§ What the task asks: Give back exactly the lines of the entries below from the line with "ensure_current_head_window now gh_created_at" to the line with "(λ prev. current_head_change_ts", inclusive, and only those.

§ Provided entries:
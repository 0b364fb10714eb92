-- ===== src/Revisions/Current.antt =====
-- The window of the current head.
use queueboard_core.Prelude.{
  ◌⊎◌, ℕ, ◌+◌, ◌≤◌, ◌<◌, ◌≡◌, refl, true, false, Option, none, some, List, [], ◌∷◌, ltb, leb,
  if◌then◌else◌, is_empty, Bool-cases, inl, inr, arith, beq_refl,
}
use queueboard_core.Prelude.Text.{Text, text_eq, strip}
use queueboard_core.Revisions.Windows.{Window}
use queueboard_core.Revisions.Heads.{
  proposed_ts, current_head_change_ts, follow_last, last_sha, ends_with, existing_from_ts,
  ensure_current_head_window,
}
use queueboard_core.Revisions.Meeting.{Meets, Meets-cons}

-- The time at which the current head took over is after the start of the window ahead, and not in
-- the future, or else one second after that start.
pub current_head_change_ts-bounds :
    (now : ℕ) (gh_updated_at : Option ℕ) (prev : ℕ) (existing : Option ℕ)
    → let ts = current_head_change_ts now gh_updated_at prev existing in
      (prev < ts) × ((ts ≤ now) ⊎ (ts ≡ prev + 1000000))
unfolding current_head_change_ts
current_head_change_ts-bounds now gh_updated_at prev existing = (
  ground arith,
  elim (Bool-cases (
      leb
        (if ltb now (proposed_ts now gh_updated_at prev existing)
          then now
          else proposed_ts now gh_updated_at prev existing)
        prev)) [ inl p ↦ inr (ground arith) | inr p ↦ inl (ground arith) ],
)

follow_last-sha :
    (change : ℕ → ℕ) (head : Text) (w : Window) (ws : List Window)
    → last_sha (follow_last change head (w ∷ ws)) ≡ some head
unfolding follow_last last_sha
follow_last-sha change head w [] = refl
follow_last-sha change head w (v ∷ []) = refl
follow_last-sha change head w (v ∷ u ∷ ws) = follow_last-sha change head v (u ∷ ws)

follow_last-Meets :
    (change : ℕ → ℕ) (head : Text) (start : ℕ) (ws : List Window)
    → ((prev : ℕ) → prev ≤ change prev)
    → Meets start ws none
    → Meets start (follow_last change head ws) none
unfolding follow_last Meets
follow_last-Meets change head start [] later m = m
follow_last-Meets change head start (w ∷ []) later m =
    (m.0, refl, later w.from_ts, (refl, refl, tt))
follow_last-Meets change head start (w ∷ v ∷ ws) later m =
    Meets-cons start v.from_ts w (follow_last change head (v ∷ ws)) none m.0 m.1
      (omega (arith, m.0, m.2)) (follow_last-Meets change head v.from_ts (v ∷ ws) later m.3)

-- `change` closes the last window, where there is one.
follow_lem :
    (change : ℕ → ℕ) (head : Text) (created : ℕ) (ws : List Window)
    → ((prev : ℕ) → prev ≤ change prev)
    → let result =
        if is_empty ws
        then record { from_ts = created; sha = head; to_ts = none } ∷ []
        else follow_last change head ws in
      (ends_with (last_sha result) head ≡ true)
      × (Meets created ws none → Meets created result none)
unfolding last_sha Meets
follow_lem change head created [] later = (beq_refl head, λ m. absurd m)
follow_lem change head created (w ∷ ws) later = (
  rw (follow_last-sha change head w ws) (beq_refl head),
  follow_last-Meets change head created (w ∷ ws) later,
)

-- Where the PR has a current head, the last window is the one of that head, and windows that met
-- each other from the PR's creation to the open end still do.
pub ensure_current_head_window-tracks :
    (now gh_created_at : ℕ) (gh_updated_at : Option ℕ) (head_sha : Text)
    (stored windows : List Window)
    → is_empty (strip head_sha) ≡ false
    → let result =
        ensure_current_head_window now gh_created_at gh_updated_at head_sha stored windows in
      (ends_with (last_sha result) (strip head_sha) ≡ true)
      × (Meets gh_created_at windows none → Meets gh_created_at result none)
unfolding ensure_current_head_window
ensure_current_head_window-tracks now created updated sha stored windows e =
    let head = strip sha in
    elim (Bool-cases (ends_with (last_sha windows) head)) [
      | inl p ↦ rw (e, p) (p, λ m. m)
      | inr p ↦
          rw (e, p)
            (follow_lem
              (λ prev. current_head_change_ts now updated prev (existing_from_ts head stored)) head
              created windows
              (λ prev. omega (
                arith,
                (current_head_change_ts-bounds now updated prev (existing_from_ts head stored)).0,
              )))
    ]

==

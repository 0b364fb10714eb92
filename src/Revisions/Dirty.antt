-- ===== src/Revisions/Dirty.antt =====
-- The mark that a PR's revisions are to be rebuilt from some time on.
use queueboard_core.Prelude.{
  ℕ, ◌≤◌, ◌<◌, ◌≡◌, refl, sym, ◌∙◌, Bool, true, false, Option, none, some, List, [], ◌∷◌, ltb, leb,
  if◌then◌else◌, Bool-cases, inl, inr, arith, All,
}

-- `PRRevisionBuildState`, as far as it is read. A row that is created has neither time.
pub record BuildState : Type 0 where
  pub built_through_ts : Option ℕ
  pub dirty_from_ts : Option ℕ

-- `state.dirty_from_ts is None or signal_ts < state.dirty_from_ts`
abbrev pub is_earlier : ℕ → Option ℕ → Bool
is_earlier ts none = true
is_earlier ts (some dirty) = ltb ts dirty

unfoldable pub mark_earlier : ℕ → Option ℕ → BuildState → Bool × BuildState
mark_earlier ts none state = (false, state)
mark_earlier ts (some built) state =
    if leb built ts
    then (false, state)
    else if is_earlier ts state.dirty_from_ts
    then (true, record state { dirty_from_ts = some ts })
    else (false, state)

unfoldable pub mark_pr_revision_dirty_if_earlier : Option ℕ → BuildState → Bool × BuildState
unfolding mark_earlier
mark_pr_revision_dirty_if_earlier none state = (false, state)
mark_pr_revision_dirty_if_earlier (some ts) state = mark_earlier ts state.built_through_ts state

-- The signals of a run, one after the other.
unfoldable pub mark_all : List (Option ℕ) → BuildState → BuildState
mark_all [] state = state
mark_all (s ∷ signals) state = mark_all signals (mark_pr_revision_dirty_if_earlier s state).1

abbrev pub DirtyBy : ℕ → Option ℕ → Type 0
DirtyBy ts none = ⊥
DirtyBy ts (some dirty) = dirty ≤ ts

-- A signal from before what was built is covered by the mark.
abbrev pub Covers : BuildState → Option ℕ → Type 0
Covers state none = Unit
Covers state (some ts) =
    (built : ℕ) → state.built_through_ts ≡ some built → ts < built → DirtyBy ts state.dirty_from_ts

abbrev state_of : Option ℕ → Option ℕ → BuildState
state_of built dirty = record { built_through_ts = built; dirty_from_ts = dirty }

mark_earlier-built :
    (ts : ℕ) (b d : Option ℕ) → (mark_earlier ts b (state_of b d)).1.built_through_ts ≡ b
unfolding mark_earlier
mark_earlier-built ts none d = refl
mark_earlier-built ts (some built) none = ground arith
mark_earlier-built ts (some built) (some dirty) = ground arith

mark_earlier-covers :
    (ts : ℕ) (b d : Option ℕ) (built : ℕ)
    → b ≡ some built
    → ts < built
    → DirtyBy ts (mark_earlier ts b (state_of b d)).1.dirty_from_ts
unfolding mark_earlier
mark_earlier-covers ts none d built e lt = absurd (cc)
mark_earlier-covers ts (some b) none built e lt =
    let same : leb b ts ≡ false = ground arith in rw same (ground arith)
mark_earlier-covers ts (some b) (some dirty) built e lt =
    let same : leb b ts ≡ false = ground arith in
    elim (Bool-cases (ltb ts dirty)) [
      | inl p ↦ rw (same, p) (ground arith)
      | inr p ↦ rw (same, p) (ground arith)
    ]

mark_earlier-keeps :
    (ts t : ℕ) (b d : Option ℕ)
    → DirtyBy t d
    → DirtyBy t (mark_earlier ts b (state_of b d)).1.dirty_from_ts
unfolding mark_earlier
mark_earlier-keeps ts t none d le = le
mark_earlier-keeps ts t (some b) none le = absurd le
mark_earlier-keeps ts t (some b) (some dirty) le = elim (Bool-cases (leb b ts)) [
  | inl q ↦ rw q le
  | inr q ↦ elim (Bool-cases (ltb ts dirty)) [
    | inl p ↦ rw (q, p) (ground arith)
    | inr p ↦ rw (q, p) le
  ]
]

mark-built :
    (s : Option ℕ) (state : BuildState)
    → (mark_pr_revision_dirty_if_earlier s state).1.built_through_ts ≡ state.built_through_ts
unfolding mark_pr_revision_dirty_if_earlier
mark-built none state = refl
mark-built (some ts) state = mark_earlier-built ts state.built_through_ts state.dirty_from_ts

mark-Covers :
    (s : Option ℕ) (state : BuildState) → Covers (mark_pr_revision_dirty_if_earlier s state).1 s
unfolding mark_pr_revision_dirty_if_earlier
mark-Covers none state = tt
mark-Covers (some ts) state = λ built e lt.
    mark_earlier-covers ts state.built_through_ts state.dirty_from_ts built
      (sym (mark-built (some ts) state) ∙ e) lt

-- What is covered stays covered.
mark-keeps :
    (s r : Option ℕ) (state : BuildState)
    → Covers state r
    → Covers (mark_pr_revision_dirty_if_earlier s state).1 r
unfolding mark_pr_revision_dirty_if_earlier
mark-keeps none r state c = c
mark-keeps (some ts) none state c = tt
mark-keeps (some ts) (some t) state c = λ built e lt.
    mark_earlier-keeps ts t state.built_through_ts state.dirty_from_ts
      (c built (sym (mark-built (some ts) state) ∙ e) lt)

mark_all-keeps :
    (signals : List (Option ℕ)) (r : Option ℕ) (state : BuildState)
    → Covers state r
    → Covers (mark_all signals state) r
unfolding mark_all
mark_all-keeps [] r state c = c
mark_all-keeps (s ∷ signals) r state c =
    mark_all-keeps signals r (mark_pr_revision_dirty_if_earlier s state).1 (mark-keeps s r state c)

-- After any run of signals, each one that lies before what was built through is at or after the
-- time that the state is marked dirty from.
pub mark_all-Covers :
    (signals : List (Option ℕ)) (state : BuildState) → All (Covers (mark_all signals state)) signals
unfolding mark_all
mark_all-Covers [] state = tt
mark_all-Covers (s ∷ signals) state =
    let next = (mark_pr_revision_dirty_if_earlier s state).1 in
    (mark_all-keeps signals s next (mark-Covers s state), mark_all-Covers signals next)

§ Solution to the problem:
        ensure_current_head_window now gh_created_at gh_updated_at head_sha stored windows in
      (ends_with (last_sha result) (strip head_sha) ≡ true)
      × (Meets gh_created_at windows none → Meets gh_created_at result none)
unfolding ensure_current_head_window
ensure_current_head_window-tracks now created updated sha stored windows e =
    let head = strip sha in
    elim (Bool-cases (ends_with (last_sha windows) head)) [
      | inl p ↦ rw (e, p) (p, λ m. m)
      | inr p ↦
          rw (e, p)
            (follow_lem
              (λ prev. current_head_change_ts now updated prev (existing_from_ts head stored)) head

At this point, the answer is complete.